- Graphic Adventure Creator for the C64
- Developers: Sean Ellis, Brendan Kelly, Dave Kirby, "The Kid"
- Publisher: Incentive Software
- Designer: Sean Ellis
- Platforms: ZX Spectrum, Amstrad CPC, Commodore 64, BBC Micro
- Release: 1985
- Genres: Game creation system, utility
- Mode: n/a

= Graphic Adventure Creator =

Adventure game creation system released in 1985

Graphic Adventure Creator (often shortened to GAC) is a game creation system/programming language for adventure games published by Incentive Software, originally written on the Amstrad CPC by Sean Ellis, and then ported to other platforms by, amongst others, Brendan Kelly (Spectrum), Dave Kirby (BBC, Electron) and "The Kid" (Malcolm Hellon) (C64). The pictures in the demo adventure, Ransom, were made by Pete James and the box cover art by Pete Carter.

GAC was released in 1985 for the Amstrad CPC and in 1986 for the ZX Spectrum, Commodore 64 and BBC Micro. A simplified version without graphics, called just the Adventure Creator, was also released for the Acorn Electron in 1987. GAC was ported to the Atari ST in 1988 as ST Adventure Creator (STAC) by the original author.

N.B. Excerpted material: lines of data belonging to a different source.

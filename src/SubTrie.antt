-- ===== src/SubTrie.antt =====
-- src/kernel/sub_trie.rs: which tasks are told of what happens at a path. A `HashSet` is a list
-- of ids, and a `BTreeMap` of children a list of them: the code never lists the children.
pub mod Children
pub mod Registry
pub mod Covered
pub mod Run
mod Tests
use dekit.Prelude.{
  ℕ, Bool, true, false, ◌&&◌, ◌||◌, Option, none, some, List, [], ◌∷◌, ◌++◌, contains, set_insert,
  set_remove, ◌==◌, if◌then◌else◌,
}
use dekit.Prelude.Maps
use dekit.Prelude.Maps.{Map}
use dekit.Prelude.Text.{Text, text_eq}
use dekit.TaskPath.{TaskPath, components}

pub data SubMode : Type 0 where
  exact subtree : SubMode

mutual
  -- The two sets of subscribers, and the children.
  pub data SubNode : Type 0 where
    node : List ℕ → List ℕ → SubChildren → SubNode

  pub data SubChildren : Type 0 where
    nil : SubChildren
    child : Text → SubNode → SubChildren → SubChildren

abbrev pub default : SubNode
default = node [] [] nil

abbrev pub no_ids : List ℕ → Bool
no_ids [] = true
no_ids (x ∷ xs) = false

abbrev pub no_children : SubChildren → Bool
no_children nil = true
no_children (child c n ch) = false

abbrev pub is_empty : SubNode → Bool
is_empty (node e s ch) = no_ids e && no_ids s && no_children ch

-- `BTreeMap`'s `get`, `insert` and `remove`.
unfoldable pub get_child : Text → SubChildren → Option SubNode
get_child c nil = none
get_child c (child d n ch) = let rest = get_child c ch in if text_eq d c then some n else rest

unfoldable pub set_child : Text → SubNode → SubChildren → SubChildren
set_child c n nil = child c n nil
set_child c n (child d m ch) =
    let rest = set_child c n ch in if text_eq d c then child c n ch else child d m rest

unfoldable pub remove_child : Text → SubChildren → SubChildren
remove_child c nil = nil
remove_child c (child d m ch) =
    let rest = remove_child c ch in if text_eq d c then rest else child d m rest

abbrev pub mode_eq : SubMode → SubMode → Bool
mode_eq exact exact = true
mode_eq subtree subtree = true
mode_eq _ _ = false

abbrev pub or_default : Option SubNode → SubNode
or_default none = default
or_default (some n) = n

abbrev pub add_here : ℕ → SubMode → SubNode → SubNode
add_here x exact (node e s ch) = node (set_insert x e) s ch
add_here x subtree (node e s ch) = node e (set_insert x s) ch

-- The loop of `subscribe` down the trie.
unfoldable pub subscribe_at : List Text → ℕ → SubMode → SubNode → SubNode
subscribe_at [] x m n = add_here x m n
subscribe_at (c ∷ cs) x m (node e s ch) =
    node e s (set_child c (subscribe_at cs x m (or_default (get_child c ch))) ch)

abbrev pub remove_here : ℕ → SubMode → SubNode → SubNode
remove_here x exact (node e s ch) = node (set_remove x e) s ch
remove_here x subtree (node e s ch) = node e (set_remove x s) ch

unfoldable pub remove_one : List Text → ℕ → SubMode → SubNode → SubNode
remove_one [] x m n = remove_here x m n
remove_one (c ∷ cs) x m (node e s ch) = elim (get_child c ch) [
  | none ↦ node e s ch
  | some n ↦
      (let n' = remove_one cs x m n in
        if is_empty n' then node e s (remove_child c ch) else node e s (set_child c n' ch))
]

-- A subscription as `by_subscriber` keeps it.
abbrev pub Subscription : Type 0
Subscription = TaskPath × SubMode

abbrev pub same_subscription : Subscription → Subscription → Bool
same_subscription a b = text_eq (a.0).text (b.0).text && mode_eq a.1 b.1

unfoldable pub has_subscription : Subscription → List Subscription → Bool
has_subscription a [] = false
has_subscription a (b ∷ bs) = same_subscription b a || has_subscription a bs

unfoldable pub add_subscription : Subscription → List Subscription → List Subscription
unfolding has_subscription
add_subscription a bs = if has_subscription a bs then bs else bs ++ a ∷ []

unfoldable pub drop_subscription : Subscription → List Subscription → List Subscription
drop_subscription a [] = []
drop_subscription a (b ∷ bs) =
    let rest = drop_subscription a bs in if same_subscription b a then rest else b ∷ rest

pub record SubTrie : Type 0 where
  pub root : SubNode
  pub by_subscriber : Map (List Subscription)

abbrev pub new : SubTrie
new = record { root = default; by_subscriber = [] }

abbrev pub entry : Option (List Subscription) → List Subscription
entry none = []
entry (some subs) = subs

unfoldable pub subscribe : SubTrie → ℕ → TaskPath → SubMode → SubTrie
subscribe t subscriber path mode = record {
  root = subscribe_at (components path) subscriber mode t.root;
  by_subscriber =
      Maps.insert subscriber
        (add_subscription (path, mode) (entry (Maps.lookup subscriber t.by_subscriber)))
        t.by_subscriber;
}

-- The set without the subscription; dropped when that empties it.
abbrev pub unrecord : ℕ → List Subscription → Map (List Subscription) → Map (List Subscription)
unrecord subscriber [] m = Maps.remove subscriber m
unrecord subscriber (b ∷ bs) m = Maps.insert subscriber (b ∷ bs) m

unfoldable pub unsubscribe : SubTrie → ℕ → TaskPath → SubMode → SubTrie
unsubscribe t subscriber path mode = record {
  root = remove_one (components path) subscriber mode t.root;
  by_subscriber = elim (Maps.lookup subscriber t.by_subscriber) [
    | none ↦ t.by_subscriber
    | some subs ↦ unrecord subscriber (drop_subscription (path, mode) subs) t.by_subscriber
  ];
}

-- The loop of `remove_subscriber`.
unfoldable pub remove_all : List Subscription → ℕ → SubNode → SubNode
remove_all [] x n = n
remove_all ((path, mode) ∷ subs) x n = remove_all subs x (remove_one (components path) x mode n)

unfoldable pub remove_subscriber : SubTrie → ℕ → SubTrie
remove_subscriber t subscriber = elim (Maps.lookup subscriber t.by_subscriber) [
  | none ↦ t
  | some subs ↦ record {
    root = remove_all subs subscriber t.root;
    by_subscriber = Maps.remove subscriber t.by_subscriber;
  }
]

-- `HashSet::extend`
unfoldable pub extend : List ℕ → List ℕ → List ℕ
extend [] out = out
extend (x ∷ xs) out = extend xs (set_insert x out)

unfoldable pub collect_from : List Text → SubNode → List ℕ → List ℕ
collect_from [] (node e s ch) out = extend e (extend s out)
collect_from (c ∷ cs) (node e s ch) out = elim (get_child c ch) [
  | none ↦ extend s out
  | some n ↦ collect_from cs n (extend s out)
]

unfoldable pub collect : SubTrie → TaskPath → List ℕ → List ℕ
collect t path out = collect_from (components path) t.root out

unfoldable pub is_subscribed_from : List Text → SubNode → ℕ → Bool
is_subscribed_from [] (node e s ch) x = if contains x s then true else contains x e
is_subscribed_from (c ∷ cs) (node e s ch) x =
    if contains x s
    then true
    else elim (get_child c ch) [ none ↦ false | some n ↦ is_subscribed_from cs n x ]

unfoldable pub is_subscribed : SubTrie → ℕ → TaskPath → Bool
is_subscribed t subscriber path = is_subscribed_from (components path) t.root subscriber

GAC had a more advanced parser than The Quill, allowing commands like GET THE LAMP THEN LIGHT IT, and a built-in graphics editor. Over 300 titles were written using GAC. It also came with a built in text compressor.

== Reception ==
GAC was well received, earning a Zzap! Gold Medal Award and a Crash Smash. Your Sinclair reviewed the ZX Spectrum version giving it a 9/10 score. The ST version reached number 18 on the bestsellers chart in August 1988.